• **Dataset records**
- Opening Delimiter -

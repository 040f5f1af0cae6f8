-- ===== src/Sftp/Requests/Probed.antt =====
-- sftp.cc: what type() finds out, by the answers to its three requests.
use Prim.Native.Nat.{◌<◌}
use hbackup.Prelude.{
  ℕ, ◌≡◌, ◌≢◌, refl, ap, ◌∙◌, inl, inr, ◌⊎◌, [], ◌++◌, append-nil, Bool, true, get_or, Bytes, arith,
  ◌==◌, Bool-cases,
}
use hbackup.Outcome.{ok}
use hbackup.Filesystem.{Filetype, regular_file, directory, unknown_file_type}
use hbackup.Sftp.Wire.{word_size, pack_uint32, pack_string}
use hbackup.Sftp.Transport.Laws.{Continues-trans, Continues-weaken}
use hbackup.Sftp.Replies.{newid}
use hbackup.Sftp.Check.{status_reply}
use hbackup.Sftp.Transport.{Transport, Server, Continues, IsTransport}
use hbackup.Sftp.Requests.{
  Client, on_link, fresh_id, path_request, open_request, closehandle, forget_handle,
}
use hbackup.Sftp.Requests.Simple.{init_lem}
use hbackup.Sftp.Requests.Fallback.{newid-small, newid-newid}
use hbackup.Sftp.Requests.Types.{take_handle, deduce, send_probes, type}
use hbackup.Sftp.Requests.Probes.{
  Probe, bytes_of, Fits, finding, type_of, handle_of, missing_status, shown, finding_missing,
  finding_found, check_missing-Probe, opened, refused,
}

module _ (T : Transport) (S : Server T) (L : IsTransport T S) where
  open S use {Up, Answers}

  -- A connection that has gone on, with the answers to come but those that are gone.
  record Onward (l : T.State) (Gone : ℕ → Type 0) (l' : T.State) : Type 0 where
    up : Up l'
    answers : (j : ℕ) (r : Bytes) → ¬ Gone j → Answers l j r → Answers l' j r

  send_lem :
      (cmd : Bytes) (c : Client T)
      → Up c.link
      → (l : T.State) × (on_link T (T.send cmd) c ≡ (ok tt, record c { link = l }))
        × Onward c.link (λ _. ⊥) l
  unfolding on_link
  send_lem cmd c u =
      let (l, q, go) = L.sends cmd c.link u in
      (l, rw q refl, record { up = go.up; answers = go.answers })

  await_lem :
      (id : ℕ) (r : Bytes) (c : Client T)
      → Up c.link
      → Answers c.link id r
      → (l : T.State) × (on_link T (T.await id) c ≡ (ok (get_or r 0 0, r), record c { link = l }))
        × Onward c.link (λ j. j ≡ id) l
  unfolding on_link
  await_lem id r c u a =
      let (l, q, go) = L.awaits id r c.link u a in
      (l, rw q refl, record { up = go.up; answers = go.answers })

  -- The packets of the three questions about a path: SSH_FXP_OPEN for reading and without attributes,
  -- SSH_FXP_OPENDIR and SSH_FXP_READLINK.
  unfoldable pub questions : ℕ → ℕ → ℕ → Bytes → Bytes
  questions a b d path =
      pack_string [] (pack_uint32 (pack_uint32 (path_request 3 a path) 1) 0)
      ++ (pack_string [] (path_request 11 b path) ++ pack_string [] (path_request 19 d path))

  send_probes_lem :
      (path : Bytes) (a b d : ℕ) (c : Client T)
      → Up c.link
      → (l : T.State) × (send_probes T path a b d c ≡ (ok tt, record c { link = l }))
        × Continues T S c.link (questions a b d path) (λ _. ⊥) l
  unfolding send_probes on_link questions open_request
  send_probes_lem path a b d c u =
      let (l1, q1, g1) = L.sends (open_request a path 1) c.link u in
      let (l2, q2, g2) = L.sends (path_request 11 b path) l1 g1.up in
      let (l3, q3, g3) = L.sends (path_request 19 d path) l2 g2.up in
      let (l4, q4, g4) = L.flushes l3 g3.up in
      let both = Continues-trans T S g2 (Continues-trans T S g3 g4) in
      (
        l4,
        rw (q1, q2, q3, q4) refl,
        Continues-weaken T S
            (ap
              (λ x.
                pack_string [] (open_request a path 1)
                ++ (pack_string [] (path_request 11 b path) ++ x))
              (append-nil (pack_string [] (path_request 19 d path))))
            (λ j g. never g) (Continues-trans T S g1 both),
      )
    where
      never : ⊥ ⊎ (⊥ ⊎ (⊥ ⊎ ⊥)) → ⊥
      never (inr (inr (inr x))) = x
      never (inr (inr (inl x))) = x
      never (inr (inl x)) = x
      never (inl x) = x

  forget_lem :
      (handle : Bytes) (c : Client T)
      → Up c.link
      → (c' : Client T) × (forget_handle T handle c ≡ (ok tt, c')) × Up c'.link
  unfolding forget_handle closehandle fresh_id on_link
  forget_lem handle c u =
      let id = (newid c.id).0 in
      let (l, q, go) = L.sends (path_request 4 id handle) c.link u in
      (record c { link = T.ignore id l; id = (newid c.id).1 }, rw q refl, (L.ignores id l go.up).up)

  -- What a handle shows, which is then closed.
  take_handle_lem :
      (id : ℕ) (p : Probe) (as_found t : Filetype) (c : Client T)
      → Up c.link
      → Fits p
      → (c' : Client T) × (take_handle T (get_or (bytes_of id p) 0 0) (bytes_of id p) as_found t c
          ≡ (ok (shown p as_found t), c'))
        × Up c'.link
  unfolding take_handle bytes_of Fits shown
  take_handle_lem id (refused st) as_found t c u v =
      (c, ap (λ r. take_handle T r (status_reply id st) as_found t c) (type_of id (refused st)), u)
  take_handle_lem id (opened handle) as_found t c u v =
      let (i, e) = handle_of id handle v in
      let (c1, q, up) = forget_lem handle c u in
      (
        c1,
        ap (λ r. take_handle T r (path_request 102 id handle) as_found t c)
              (type_of id (opened handle))
            ∙ rw (e, q) refl,
        up,
      )

  abbrev first_id : Client T → ℕ
  first_id c = (newid c.id).0

  abbrev second_id : Client T → ℕ
  second_id c = (newid (newid c.id).1).0

  abbrev third_id : Client T → ℕ
  third_id c = (newid (newid (newid c.id).1).1).0

  -- A server that answers the three questions about a path once they are what was sent: its opening as
  -- a file and as a directory, and its reading as a link, which has the type 104 exactly for a link.
  pub record IsProbed (path : Bytes) (c : Client T) (openfile opendir : Probe) (link : Bool)
      : Type 0 where
    pub is_connected : T.connected c.link ≡ true
    pub up : Up c.link
    pub small : c.id < word_size
    pub readlink : Bytes
    pub answered :
        (l : T.State)
        → Continues T S c.link (questions (first_id c) (second_id c) (third_id c) path) (λ _. ⊥) l
        → Answers l (first_id c) (bytes_of (first_id c) openfile)
          × Answers l (second_id c) (bytes_of (second_id c) opendir)
          × Answers l (third_id c) readlink
    pub is_link : (get_or readlink 0 0 == 104) ≡ link
    pub openfile_fits : Fits openfile
    pub opendir_fits : Fits opendir

  deduce_lem :
      (id1 id2 : ℕ) (openfile opendir : Probe) (link : Bool) (readlink : Bytes) (c : Client T)
      → Up c.link
      → id1 < word_size
      → Fits openfile
      → Fits opendir
      → (get_or readlink 0 0 == 104) ≡ link
      → (c' : Client T) × (deduce T
            (get_or (bytes_of id1 openfile) 0 0, bytes_of id1 openfile)
            (get_or (bytes_of id2 opendir) 0 0, bytes_of id2 opendir)
            (get_or readlink 0 0, readlink)
            c
          ≡ (finding openfile opendir link, c'))
  unfolding deduce
  deduce_lem id1 id2 openfile opendir link readlink c u small v w e =
      elim (Bool-cases (missing_status openfile)) [
        | inl m ↦ (
          c,
          rw (check_missing-Probe id1 openfile small v, m)
              (ap (λ r. (r, c)) (finding_missing openfile opendir link m)),
        )
        | inr m ↦
            let (c1, q1, u1) = take_handle_lem id1 openfile regular_file unknown_file_type c u v in
            let (c2, q2, u2) =
              take_handle_lem id2 opendir directory (shown openfile regular_file unknown_file_type)
                c1 u1 w in
            (
              c2,
              rw (check_missing-Probe id1 openfile small v, m, q1, q2, e)
                  (ap (λ r. (r, c2)) (finding_found openfile opendir link m)),
            )
      ]

  three_ids : (n : ℕ) → n < word_size → (newid (newid (newid n).1).1).0 ≢ (newid n).0
  unfolding newid
  three_ids n h = ground arith

  -- By the answers of the server to an OPEN, an OPENDIR and a READLINK of the path, if these are what
  -- is sent next, and whatever the order of the answers, type() finds a link if the reading as a link
  -- succeeds, else a directory if the opening as a directory does, else a regular file if the opening
  -- as a file does, else a path of an unknown type; but a path that cannot be opened as a file since
  -- there is no such file is an error, which is thrown, even if it is a link.
  pub type-finding :
      (path : Bytes) (c : Client T) (openfile opendir : Probe) (link : Bool)
      → IsProbed path c openfile opendir link
      → (c' : Client T) × (type T path c ≡ (finding openfile opendir link, c'))
  unfolding type
  type-finding path c openfile opendir link v =
      let n = c.id in
      let (s1, t1) = newid-small n v.small in
      let (s2, t2) = newid-small (newid n).1 t1 in
      let c0 = record c { id = (newid (newid (newid n).1).1).1 } in
      let (l1, q1, g1) = send_probes_lem path (first_id c) (second_id c) (third_id c) c0 v.up in
      let (a1, a2, a3) = v.answered l1 g1 in
      let (l2, q2, g2) = await_lem (first_id c) _ (record c0 { link = l1 }) g1.up a1 in
      let b2 = g2.answers _ _ (newid-newid n v.small) a2 in
      let (l3, q3, g3) = await_lem (second_id c) _ (record c0 { link = l2 }) g2.up b2 in
      let b3 =
        g3.answers _ _ (newid-newid (newid n).1 t1) (g2.answers _ _ (three_ids n v.small) a3) in
      let (l4, q4, g4) = await_lem (third_id c) v.readlink (record c0 { link = l3 }) g3.up b3 in
      let (c1, q5) =
        deduce_lem (first_id c) (second_id c) openfile opendir link v.readlink
          (record c0 { link = l4 }) g4.up s1 v.openfile_fits v.opendir_fits v.is_link in
      (c1, rw (init_lem T S L c v.is_connected, q1, q2, q3, q4) q5)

- Closing Delimiter -

Produce only the lines from the line containing "-- What a handle" through the line containing "c) path) (λ _. ⊥) l", inclusive of both, exactly as they stand in the entries above.

  -- What a handle shows, which is then closed.
  take_handle_lem :
      (id : ℕ) (p : Probe) (as_found t : Filetype) (c : Client T)
      → Up c.link
      → Fits p
      → (c' : Client T) × (take_handle T (get_or (bytes_of id p) 0 0) (bytes_of id p) as_found t c
          ≡ (ok (shown p as_found t), c'))
        × Up c'.link
  unfolding take_handle bytes_of Fits shown
  take_handle_lem id (refused st) as_found t c u v =
      (c, ap (λ r. take_handle T r (status_reply id st) as_found t c) (type_of id (refused st)), u)
  take_handle_lem id (opened handle) as_found t c u v =
      let (i, e) = handle_of id handle v in
      let (c1, q, up) = forget_lem handle c u in
      (
        c1,
        ap (λ r. take_handle T r (path_request 102 id handle) as_found t c)
              (type_of id (opened handle))
            ∙ rw (e, q) refl,
        up,
      )

  abbrev first_id : Client T → ℕ
  first_id c = (newid c.id).0

  abbrev second_id : Client T → ℕ
  second_id c = (newid (newid c.id).1).0

  abbrev third_id : Client T → ℕ
  third_id c = (newid (newid (newid c.id).1).1).0

  -- A server that answers the three questions about a path once they are what was sent: its opening as
  -- a file and as a directory, and its reading as a link, which has the type 104 exactly for a link.
  pub record IsProbed (path : Bytes) (c : Client T) (openfile opendir : Probe) (link : Bool)
      : Type 0 where
    pub is_connected : T.connected c.link ≡ true
    pub up : Up c.link
    pub small : c.id < word_size
    pub readlink : Bytes
    pub answered :
        (l : T.State)
        → Continues T S c.link (questions (first_id c) (second_id c) (third_id c) path) (λ _. ⊥) l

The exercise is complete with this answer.